Consistency: Since all documents are preloaded, the model avoids mistakes where irrelevant or incorrect documents might be retrieved.
Simplicity: You remove the need for a separate retriever module, making the architecture cleaner and easier to maintain.
Experiments and Key Findings
The authors tested CAG on the SQuAD and HotPotQA datasets, two standard question-answering benchmarks. Both datasets have different demands—SQuAD focuses on single-context comprehension, while HotPotQA requires multi-hop reasoning across multiple documents. They created multiple configurations (small, medium, large) by varying the number of documents to simulate increasing complexity.

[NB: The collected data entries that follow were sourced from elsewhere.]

-- ===== src/Resolve/Tests.antt =====
-- A small database, and the options -u and -g on it.
use sudo_rs.Prelude.{ℕ, none, some, [], ◌∷◌, ◌≡◌, refl, ◌↔◌}
use sudo_rs.Prelude.Tests.{if◌then◌else◌, ◌==◌}
use sudo_rs.Prelude.Text.{Text, codes, text_eq}
use sudo_rs.Accounts.{User}
use sudo_rs.Resolve.{ok, err, user_not_found, Database, id, parse, resolve_target_user_and_group}
use sudo_rs.Resolve.Target.{Resolves, resolve_target_user_and_group_iff}

abbrev account : ℕ → Text → User
account n t = record {
  uid = n;
  gid = n;
  name = t;
  home = codes "/";
  shell = codes "/bin/sh";
  groups = n ∷ [];
}

-- A user `bob` of number 1001, and a group `wheel` of number 10.
abbrev db : Database
db = record {
  user_from_name =
      λ n. if text_eq n (codes "bob") then ok (some (account 1001 (codes "bob"))) else ok none;
  user_from_uid = λ n. if n == 1001 then ok (some (account 1001 (codes "bob"))) else ok none;
  group_from_name = λ n. ok none;
  group_entry = λ n.
      if n == 10 then ok (some (record { gid = 10; name = some (codes "wheel") })) else ok none;
}

abbrev alice : User
alice = account 1000 (codes "alice")

parse_number : parse (codes "#1001") ≡ some (id 1001)
unfolding parse
parse_number = refl

resolve_number :
    resolve_target_user_and_group db (some (codes "#1001")) none alice
    ≡ ok (account 1001 (codes "bob"), record { gid = 1001; name = none })
unfolding resolve_target_user_and_group text_eq
resolve_number = refl

resolve_wheel :
    resolve_target_user_and_group db none (some (codes "#10")) alice
    ≡ ok (alice, record { gid = 10; name = some (codes "wheel") })
unfolding resolve_target_user_and_group text_eq
resolve_wheel = refl

resolve_nobody :
    resolve_target_user_and_group db (some (codes "eve")) none alice
    ≡ err (user_not_found (codes "eve"))
unfolding resolve_target_user_and_group text_eq
resolve_nobody = refl

resolve_target_user_and_group_iff_example :
    (resolve_target_user_and_group db (some (codes "#1001")) none alice
      ≡ ok (account 1001 (codes "bob"), record { gid = 1001; name = none }))
    ↔ Resolves db alice
        (some (codes "#1001"))
        none
        (account 1001 (codes "bob"), record { gid = 1001; name = none })
resolve_target_user_and_group_iff_example =
    resolve_target_user_and_group_iff db alice (some (codes "#1001")) none
      (account 1001 (codes "bob")) (record { gid = 1001; name = none })
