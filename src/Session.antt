-- ===== src/Session.antt =====
-- src/system/timestamp.rs and src/system/time.rs: the records of earlier authentications.
pub mod Time
pub mod Record
pub mod Store
pub mod Current
pub mod Operations
pub mod Records
pub mod Refinement
pub mod Run
pub mod Safety
mod Tests
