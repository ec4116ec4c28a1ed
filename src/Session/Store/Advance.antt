-- ===== src/Session/Store/Advance.antt =====
-- src/system/timestamp.rs: how far one record takes a reader, whatever the bytes of the file.
use sudo_rs.Prelude.{ℕ, ◌+◌, ◌-◌, ◌<◌, ◌≤◌, Bool, some, ◌∷◌, ◌++◌, arith}
use sudo_rs.Prelude.{◌≡◌, refl, sym, ap, ◌∙◌, inl, inr}
use sudo_rs.Prelude.Tests.{◌==◌, Bool-cases, Option-cases}
use sudo_rs.Prelude.Lists.{
  length, take, drop, replicate, length-append, length-take, length-drop, length-replicate,
}
use sudo_rs.Prelude.Text.{Text}
use sudo_rs.Prelude.Bytes.{from_le_bytes, read_exact, read_exact-inv}
use sudo_rs.Session.Record.{RecordScope, SessionRecord, scope_eq, from_bytes}
use sudo_rs.Session.Store.{File, seek, write_all, read_file, found, read_record, next_record}
use sudo_rs.Session.Operations.{disable_record}

read_file-inv :
    (n : ℕ) (f f' : File) (a : Text)
    → read_file n f ≡ some (a, f')
    → 0 < n
    → (f' ≡ seek (f.position + n) f) × (f.position + n ≤ length f.bytes)
unfolding read_file
read_file-inv n f f' a h p = elim (Option-cases (read_exact n (drop f.position f.bytes))) [
  | inl end ↦ absurd (cc (rw (end, read_file) at h))
  | inr (r, y) ↦
      let m : some (r.0, seek (f.position + n) f) ≡ some (a, f') = rw (y, read_file) at h in
      let (u, l) = read_exact-inv n (drop f.position f.bytes) r.0 r.1 y in
      (cc, omega (arith, ap length u, length-append r.0 r.1, length-drop f.position f.bytes))
]

module _ (e : Bool) where
  -- A record that is found is within the file and has a byte at least.
  pub next_record_advance :
      (f f' : File) (r : SessionRecord)
      → next_record e f ≡ (f', found r)
      → (f'.bytes ≡ f.bytes) × (f.position < f'.position) × (f'.position ≤ length f.bytes)
  unfolding next_record read_record
  next_record_advance f f' r h = elim (Option-cases (read_file 2 f)) [
    | inl end ↦ absurd (cc (rw (end, next_record) at h))
    | inr ((L, f₁), y) ↦ elim (Bool-cases (from_le_bytes L == 0)) [
      | inl z ↦ absurd (cc (rw (y, z, next_record) at h))
      | inr nz ↦ elim (Option-cases (read_file (from_le_bytes L) f₁)) [
        | inl end ↦ absurd (cc (rw (y, nz, end, next_record, read_record) at h))
        | inr ((X, f₂), y₂) ↦ elim (Option-cases (from_bytes e X)) [
          | inl end ↦ absurd (cc (rw (y, nz, y₂, end, next_record, read_record) at h))
          | inr (s, y₃) ↦
              let m : (f₂, found s) ≡ (f', found r) =
                rw (y, nz, y₂, y₃, next_record, read_record) at h in
              let (u₁, l₁) = read_file-inv 2 f f₁ L y (omega arith) in
              let pos_n : 0 < from_le_bytes L = ground arith in
              let (u₂, l₂) = read_file-inv (from_le_bytes L) f₁ f₂ X y₂ pos_n in
              let same : f₂ ≡ f' = cc in
              let b₁ : f₁.bytes ≡ f.bytes = ap (λ k. k.bytes) u₁ in
              let b₂ : f₂.bytes ≡ f₁.bytes = ap (λ k. k.bytes) u₂ in
              let p₁ : f₁.position ≡ f.position + 2 = ap (λ k. k.position) u₁ in
              let p₂ : f₂.position ≡ f₁.position + from_le_bytes L = ap (λ k. k.position) u₂ in
              let b' : f'.bytes ≡ f.bytes = sym (ap (λ k. k.bytes) same) ∙ b₂ ∙ b₁ in
              let p' : f₂.position ≡ f'.position = ap (λ k. k.position) same in
              (b', omega arith, omega (arith, ap length b₁))
        ]
      ]
    ]
  ]

  -- The bytes that are left.
  abbrev pub left : File → ℕ
  left f = length f.bytes - f.position

  pub disable_record-left :
      (scope : RecordScope) (r : SessionRecord) (f : File)
      → 0 < f.position
      → f.position ≤ length f.bytes
      → left (disable_record e scope r f) ≡ left f
  unfolding disable_record write_all
  disable_record-left scope r f p l = elim (Bool-cases (scope_eq r.scope scope)) [
    | inr other ↦ rw (other, disable_record) refl
    | inl same ↦
        let q = f.position - 1 in
        let gap : Text = replicate (q - length f.bytes) 0 in
        let tail : Text = drop (q + 1) f.bytes in
        rw (same, disable_record, write_all)
          (omega (
            arith,
            length-append (take q f.bytes) (gap ++ (0 ∷ tail)),
            length-append gap (0 ∷ tail),
            length-take q f.bytes,
            length-replicate {A = ℕ} (q - length f.bytes) 0,
            length-drop (q + 1) f.bytes,
          ))
  ]
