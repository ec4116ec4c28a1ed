-- ===== src/Session/Run/Total.antt =====
-- src/system/timestamp.rs: the loops over the records of a file, whatever its bytes and position.
use sudo_rs.Prelude.{ℕ, zero, suc, ◌+◌, ◌-◌, ◌^◌, ◌<◌, Bool, true, false, Option, none, some, arith}
use sudo_rs.Prelude.{◌≡◌, refl, ap, ◌∙◌, inl, inr}
use sudo_rs.Prelude.Tests.{Bool-cases, Option-cases, ltb}
use sudo_rs.Prelude.Lists.{length}
use sudo_rs.Session.Time.{SystemTime, Duration, checked_sub}
use sudo_rs.Session.Record.{RecordScope, SessionRecord, matches, written_between, encode_record}
use sudo_rs.Session.Store.{
  File, Outcome, returned, failed, panicked, out_of_fuel, seek, first_record_offset, Next, found,
  no_more, empty_record, next_record, scan, scan_file,
}
use sudo_rs.Session.Store.Advance.{next_record_advance, left, disable_record-left}
use sudo_rs.Session.Store.Scan.{after_next, scan_step}
use sudo_rs.Session.Operations.{
  touch_found, write_record, create_new, disable_record, disable_from, disable,
}
use sudo_rs.Session.Records.{chosen_by_touch}
use sudo_rs.Session.Refinement.Touch
use sudo_rs.Session.Refinement.Create
use sudo_rs.Session.Refinement.Disable
use sudo_rs.Session.Run.{
  Operation, opening, touching, creating, disabling, resetting, Reply, touch_reply, create_reply,
  disable_reply, done, perform,
}

abbrev pub finished : {A : Type 0} → Outcome A → Bool
finished (returned a) = true
finished failed = true
finished panicked = true
finished out_of_fuel = false

abbrev pub is_finished : Reply → Bool
is_finished (touch_reply o) = finished o
is_finished (create_reply o) = finished o
is_finished (disable_reply o) = finished o
is_finished done = true

module _ (e : Bool) where
  module _ (choose : SessionRecord → Bool) where
    scan_after :
        (fuel : ℕ) (f : File) (x : File × Next)
        → next_record e f ≡ x
        → left e f < suc fuel
        → ((g : File) → left e g < fuel → finished (scan e fuel choose g).1 ≡ true)
        → finished (after_next e choose fuel x).1 ≡ true
    scan_after fuel f (f', empty_record) h l rest = refl
    scan_after fuel f (f', no_more) h l rest = refl
    scan_after fuel f (f', found r) h l rest =
        let (b, p, q) = next_record_advance e f f' r h in
        elim (Bool-cases (choose r)) [
          | inl y ↦ rw y refl
          | inr n ↦ rw n (rest f' (omega (arith, ap length b)))
        ]

    scan-finished :
        (fuel : ℕ) (f : File) → left e f < fuel → finished (scan e fuel choose f).1 ≡ true
    scan-finished zero f l = absurd (omega arith)
    scan-finished (suc fuel) f l =
        let x = next_record e f in
        ap (λ k. finished k.1) (scan_step e choose fuel f x refl)
        ∙ scan_after fuel f x refl l (scan-finished fuel)

    scan_file-finished : (f : File) → finished (scan_file e choose f).1 ≡ true
    scan_file-finished f =
        scan-finished (length f.bytes + 1) (seek first_record_offset f) (omega arith)

  module _ (scope : RecordScope) where
    disable_after :
        (fuel : ℕ) (f : File) (x : File × Next)
        → next_record e f ≡ x
        → left e f < suc fuel
        → ((g : File) → left e g < fuel → finished (disable_from e fuel scope g).1 ≡ true)
        → finished (Disable.after_next e scope fuel x).1 ≡ true
    disable_after fuel f (f', empty_record) h l rest = refl
    disable_after fuel f (f', no_more) h l rest = refl
    disable_after fuel f (f', found r) h l rest =
        let (b, p, q) = next_record_advance e f f' r h in
        let n = disable_record-left e scope r f' (omega arith) (omega (arith, ap length b)) in
        rest (disable_record e scope r f') (omega (arith, n, ap length b))

    disable_finished :
        (fuel : ℕ) (f : File) → left e f < fuel → finished (disable_from e fuel scope f).1 ≡ true
    disable_finished zero f l = absurd (omega arith)
    disable_finished (suc fuel) f l =
        let x = next_record e f in
        ap (λ k. finished k.1) (Disable.disable_step e scope fuel f x refl)
        ∙ disable_after fuel f x refl l (disable_finished fuel)

  touch_found-finished :
      (now t : SystemTime) (timeout : Duration) (f : File) (r : SessionRecord)
      → finished (touch_found e now t timeout f r).1 ≡ true
  unfolding touch_found
  touch_found-finished now t timeout f r = elim (Option-cases (checked_sub now timeout)) [
    | inl over ↦ rw (over, touch_found) refl
    | inr (early, s) ↦ elim (Bool-cases (written_between r early now)) [
      | inl recent ↦ rw (s, recent, touch_found) refl
      | inr old ↦ rw (s, old, touch_found) refl
    ]
  ]

  touch_after :
      (now t : SystemTime) (timeout : Duration) (scope : RecordScope) (u : ℕ)
      (x : File × Outcome (Option SessionRecord))
      → finished x.1 ≡ true
      → finished (Touch.after_scan e now t timeout scope u x).1 ≡ true
  touch_after now t timeout scope u (f, returned none) h = refl
  touch_after now t timeout scope u (f, returned (some r)) h =
      touch_found-finished now t timeout f r
  touch_after now t timeout scope u (f, failed) h = refl
  touch_after now t timeout scope u (f, panicked) h = refl
  touch_after now t timeout scope u (f, out_of_fuel) h = h

  create_new-finished :
      (t : SystemTime) (scope : RecordScope) (u : ℕ) (f : File)
      → finished (create_new e t scope u f).1 ≡ true
  unfolding create_new write_record
  create_new-finished t scope u f =
      let r : SessionRecord = record {
        scope = scope;
        auth_user = u;
        timestamp = t;
        enabled = true;
      } in
      elim (Bool-cases (ltb (2 ^ 16 - 1) (length (encode_record e r)))) [
        | inl big ↦ rw (big, create_new, write_record) refl
        | inr small ↦ rw (small, create_new, write_record) refl
      ]

  create_after :
      (t : SystemTime) (scope : RecordScope) (u : ℕ) (x : File × Outcome (Option SessionRecord))
      → finished x.1 ≡ true
      → finished (Create.after_scan e t scope u x).1 ≡ true
  create_after t scope u (f, returned none) h = create_new-finished t scope u f
  create_after t scope u (f, returned (some r)) h = refl
  create_after t scope u (f, failed) h = refl
  create_after t scope u (f, panicked) h = refl
  create_after t scope u (f, out_of_fuel) h = h

  -- Every operation comes to an end, whatever the bytes of the file and its position: its loop over
  -- the records never needs more fuel than it is given.
  pub perform_finished : (op : Operation) (f : File) → is_finished (perform e op f).1 ≡ true
  unfolding perform disable
  perform_finished opening f = refl
  perform_finished (touching now t timeout scope u) f =
      ap (λ k. finished k.1) (Touch.touch_step e now t timeout scope u f _ refl)
      ∙ touch_after now t timeout scope u _ (scan_file-finished (chosen_by_touch scope u) f)
  perform_finished (creating t scope u) f =
      ap (λ k. finished k.1) (Create.create_step e t scope u f _ refl)
      ∙ create_after t scope u _ (scan_file-finished (λ r. matches r scope u) f)
  perform_finished (disabling scope) f =
      disable_finished scope (length f.bytes + 1) (seek first_record_offset f) (omega arith)
  perform_finished resetting f = refl
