-- ===== src/Io/Loop.antt =====
-- The loop of `do_io` in src/ugds_io.cpp.
use u_gds.Prelude.{
  ℕ, zero, suc, ◌+◌, ◌-◌, ◌*◌, ◌/◌, ◌%◌, min, ltb, ◌==◌, if◌then◌else◌, u64_mod, neg,
}
use u_gds.Queue.{Mem, einval}
use u_gds.Io.Types.{go, stop, stuck, Step, and_then, Request}
use u_gds.Io.Transfer.{transfer}

-- the size of the next chunk: what is left, or the limit, in whole blocks
abbrev pub chunk_of : Request → ℕ → ℕ
chunk_of r bytes_done = min (r.size - bytes_done) r.max_xfer / r.block_size * r.block_size

-- `(bytes + page_size - 1) / page_size` in `size_t`
abbrev pub pages_of : ℕ → ℕ → ℕ
pages_of page_size bytes = (bytes + page_size - 1) % u64_mod / page_size

-- `while (bytes_done < size)`, on fuel; the value is `bytes_done` at the end.
unfoldable pub io_loop : ℕ → Request → (ℕ → Mem) → (bytes_done lba page : ℕ) → Step ℕ
io_loop zero r mems bytes_done lba page s = stuck
io_loop (suc fuel) r mems bytes_done lba page s =
    let chunk = chunk_of r bytes_done in
    let n_blocks = chunk / r.block_size in
    let counted = pages_of r.page_size chunk in
    let n_pages = if counted == 0 then 1 else counted in
    let rest =
      and_then (transfer r mems lba page n_blocks n_pages s)
        (λ _ s'. io_loop fuel r mems (bytes_done + chunk) (lba + n_blocks) (page + n_pages) s') in
    if ltb bytes_done r.size
    then (if chunk == 0 then stop (neg einval) s else rest)
    else go bytes_done s

-- the largest chunk: the controller's limit, 128 KiB if it names none, at least a page, and at
-- most what the first PRP entry and one PRP page can hold
unfoldable pub max_xfer_of : (page_size max_transfer_size : ℕ) → ℕ
max_xfer_of page_size max_transfer_size =
    let named = if max_transfer_size == 0 then 128 * 1024 else max_transfer_size in
    let a_page = if ltb named page_size then page_size else named in
    min a_page ((page_size / 8 + 1) * page_size)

The baseline RAG systems used two types of retrieval:
Sparse Retrieval (BM25): Ranks documents based on keyword matching and frequency.
Dense Retrieval (OpenAI Embeddings): Uses vector representations for semantic similarity matching.
In contrast, CAG directly loaded all the documents into the LLM’s context. The results showed that CAG had higher BERTScores in most test cases—especially in tasks requiring reasoning over multiple documents—since it wasn’t limited by the retrieval step's accuracy.
Performance Metrics: Generation Time and BERTScore
The most impressive gains were in generation time. With CAG, generation time was reduced drastically because there was no need to fetch and encode documents on the fly:
For HotPotQA (large configuration), CAG took 2.32 seconds compared to 94.34 seconds for a RAG system.
For SQuAD (medium configuration), CAG generated responses in 1.73 seconds versus 13.35 seconds with RAG.
By preloading everything, the model processes the query faster and holistically. Instead of stitching together results from scattered documents retrieved mid-inference, CAG forms a unified picture from the start.
Conclusion: When Simpler is Smarter
CAG shines when your knowledge base is well-defined and manageable. It avoids the complexity and pitfalls of retrieval errors by shifting the heavy lifting to the preloading phase. This approach fits particularly well for tasks like customer support, medical FAQs, or document-based Q&A—essentially any scenario where the knowledge is structured and doesn’t need constant updating.
By leveraging long-context LLMs and KV caching, CAG simplifies the entire workflow without sacrificing performance. It’s a practical alternative for systems where retrieval isn’t a must but fast, contextually-rich generation is essential.
So overall, CAG is particularly advantageous when:
The knowledge base is relatively static (doesn't change very frequently).
The knowledge base is large but still manageable to encode into a KV cache.
Fast response times are crucial.
Users are likely to ask a variety of questions related to the same underlying knowledge.